The Josephine B. Trilogy by Sandra Gulland


  “May I help you?” she asked. She spoke with an accent—a German accent, I thought.

  “Is Comtesse Fanny de Beauharnais in?” I asked, embarrassed by our clothing, fallen to rags.

  “Whom may I tell her is calling?” She had a musical voice.

  “Her niece, Madame Rose de Beauharnais.”

  “And Hortense!” my girl said boldly.

  Suddenly, from across the courtyard, there appeared a plump woman with wild white hair, her face covered over with rouge. Fanny!

  “Ortensia! My baby!” Fanny stooped down to look into Hortense’s face. Hortense offered her godmother her hand. Fanny gave it a loud kiss, leaving a bright smear of rouge on Hortense’s skin.

  Fanny embraced me in the Italian manner, with great vigour. She smelled strongly of attar of roses. “It can’t be you,” she said, leading the way into the house. I detected a hint of wine on her breath. “Forgive me, darling, but I’ve just returned from my Italian tour with Michel.” Her voice reverberated through the half-empty rooms.

  From the stairway I heard a hiss. I looked up. A girl of about eight or nine stood at the landing, dressed in a white cotton gown. “Émilie?” I recognized the pixie face, the big black eyes: Fanny’s granddaughter, Marie’s only surviving child. She’d grown tall in the two and a half years since I’d seen her, her limbs long. She gestured to Hortense.

  “Remember your cousin Émilie?” I said. Hortense hesitated only a moment and then ran up the stairs.

  I followed Fanny through a swinging door into the kitchen. There, seated at a painted table, were a man and a woman. The man’s hair was short and unpowdered and he was wearing a peasant’s smock.

  “Rose!” A woman in man’s clothing stood to greet me, her loose curls caught back informally in a linen bonnet. I was astonished to see that it was Marie, Émilie’s mother—timid, proper, shy Marie. But something had changed, for the woman I saw before me was quite bold, and certainly not proper.

  “Why—it’s Alexandre’s wife!” the man exclaimed. He had big lips and his voice was booming—surprising in a man of his short height. Michel de Cubières, the poet. I had met him at one of Fanny’s receptions years ago. He poured a glass of red wine from the bottle in the middle of the table. There were three empty wine bottles lined up on the counter.

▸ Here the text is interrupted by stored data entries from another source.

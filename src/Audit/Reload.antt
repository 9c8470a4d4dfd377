-- ===== src/Audit/Reload.antt =====
-- `save` and `load`: what a reloaded chain is worth, and that saving loses nothing.
use text.Mathlib.Text.{◌==◌ as str_eq}
use proof_ops.Common.{
  String, ◌≡◌, refl, inl, inr, Bool, true, false, ◌&&◌, Option, none, some, List, [], ◌∷◌, map,
  arith, all, eq_iff, is_blank, Bool-cases, Result, ok, err,
}
use proof_ops.Audit.Event.{AuditEvent, Codec, is_event}
use proof_ops.Audit.Chain.{AuditChain, AuditError, is_file_id}
use proof_ops.Audit.Verify.{
  verify, LineCodec, save, load, load_lines, load_event, checked_chain, prepend,
}

module _ (codec : Codec) (lines : LineCodec) where
  -- What `load` asks of each event.
  unfoldable pub is_owned_event : String → AuditEvent → Bool
  is_owned_event owner e = is_event codec e && str_eq e.incident_id owner

  load_event_owned :
      (owner : String) (o : Option AuditEvent) {e : AuditEvent}
      → load_event codec lines owner o ≡ ok e
      → is_owned_event owner e ≡ true
  unfolding load_event is_owned_event
  load_event_owned owner none h = cc
  load_event_owned owner (some x) h = ground (arith, eq_iff x.incident_id owner)

  prepend_owned :
      (owner : String) (r : Result AuditError AuditEvent)
      (rest : Result AuditError (List AuditEvent)) (es : List AuditEvent)
      → ((e : AuditEvent) → r ≡ ok e → is_owned_event owner e ≡ true)
      → ((ds : List AuditEvent) → rest ≡ ok ds → all (is_owned_event owner) ds ≡ true)
      → prepend codec lines r rest ≡ ok es
      → all (is_owned_event owner) es ≡ true
  prepend_owned owner (err x) rest es p q h = cc
  prepend_owned owner (ok e) (err x) es p q h = cc
  prepend_owned owner (ok e) (ok ds) es p q h = ground (arith, p e refl, q ds refl)

  load_lines_owned :
      (owner : String) (file : List String) (es : List AuditEvent)
      → load_lines codec lines owner file ≡ ok es
      → all (is_owned_event owner) es ≡ true
  unfolding load_lines
  load_lines_owned owner [] es h = ground arith
  load_lines_owned owner (l ∷ ls) es h = elim (Bool-cases (is_blank l)) [
    | inl b ↦ load_lines_owned owner ls es (rw b at h)
    | inr n ↦
        prepend_owned owner (load_event codec lines owner (lines.loads l))
          (load_lines codec lines owner ls) es (λ e k. load_event_owned owner (lines.loads l) k)
          (λ ds k. load_lines_owned owner ls ds k) (rw n at h)
  ]

  checked :
      (owner : String) (r : Result AuditError (List AuditEvent)) {chain : AuditChain}
      → checked_chain codec lines owner r ≡ ok chain
      → (r ≡ ok chain.events) × (chain.incident_id ≡ owner) × ((verify codec chain).valid ≡ true)
  unfolding checked_chain
  checked owner (err x) h = cc
  checked owner (ok es) h = ground arith

  -- A chain that `load` returns verifies, belongs to the incident asked for, and holds only events
  -- that pass the contract and carry that incident's id.
  pub load_verified :
      (owner : String) (file : List String) {chain : AuditChain}
      → load codec lines owner file ≡ ok chain
      → (chain.incident_id ≡ owner)
        × ((verify codec chain).valid ≡ true)
        × (all (is_owned_event owner) chain.events ≡ true)
  unfolding load
  load_verified owner file {chain} h = elim (Bool-cases (is_file_id owner)) [
    | inl b ↦
        let (k, o, v) = checked owner (load_lines codec lines owner file) (rw b at h) in
        (o, v, load_lines_owned owner file chain.events k)
    | inr n ↦ absurd (no_load n h)
  ]
    where
      no_load : is_file_id owner ≡ false → load codec lines owner file ≡ ok chain → ⊥
      no_load n h = ground arith

  -- The line of an event is read back as that event, and is no blank line.
  pub record IsLine (e : AuditEvent) : Type 0 where
    pub read_back : lines.loads (lines.dumps e) ≡ some e
    pub shown : is_blank (lines.dumps e) ≡ false

  abbrev pub AreLines : List AuditEvent → Type 0
  AreLines [] = Unit
  AreLines (e ∷ es) = IsLine e × AreLines es

  load_dumps :
      (owner : String) (es : List AuditEvent)
      → AreLines es
      → all (is_owned_event owner) es ≡ true
      → load_lines codec lines owner (map lines.dumps es) ≡ ok es
  unfolding load_lines load_event is_owned_event
  load_dumps owner [] w h = refl
  load_dumps owner (e ∷ es) (l, w) h =
      rw (l.shown, l.read_back) (ground (arith, load_dumps owner es w))

  -- Saving loses nothing: a chain with a safe file id that verifies and whose events pass the
  -- contract is saved, and loading what was saved gives the chain back.
  pub load-save :
      (chain : AuditChain)
      → AreLines chain.events
      → is_file_id chain.incident_id ≡ true
      → (verify codec chain).valid ≡ true
      → all (is_owned_event chain.incident_id) chain.events ≡ true
      → (file : List String) × (save codec lines chain ≡ ok file)
        × (load codec lines chain.incident_id file ≡ ok chain)
  unfolding save load checked_chain
  load-save chain w i v o = (
    map lines.dumps chain.events,
    rw i refl,
    rw (i, load_dumps chain.incident_id chain.events w o) (rw v refl),
  )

  Fanny handed me the glass. “Oh, Rose, you have missed the most glorious fêtes.”

  “The most glorious Revolution!” Michel exclaimed, hitting the bare tabletop with his fist.

  “Am I not going to be introduced?” the aristocratic woman asked from the door.

  “Princess Amalia, Madame Beauharnais; Rose, Princess Amalia.” Marie broke off a piece of a breadstick on a platter. “Come, Rose, eat. We’re enjoying the servants’ day off.”

  They all laughed, as if this were a joke.

  “But Princess Amalia is my servant now,” Fanny protested.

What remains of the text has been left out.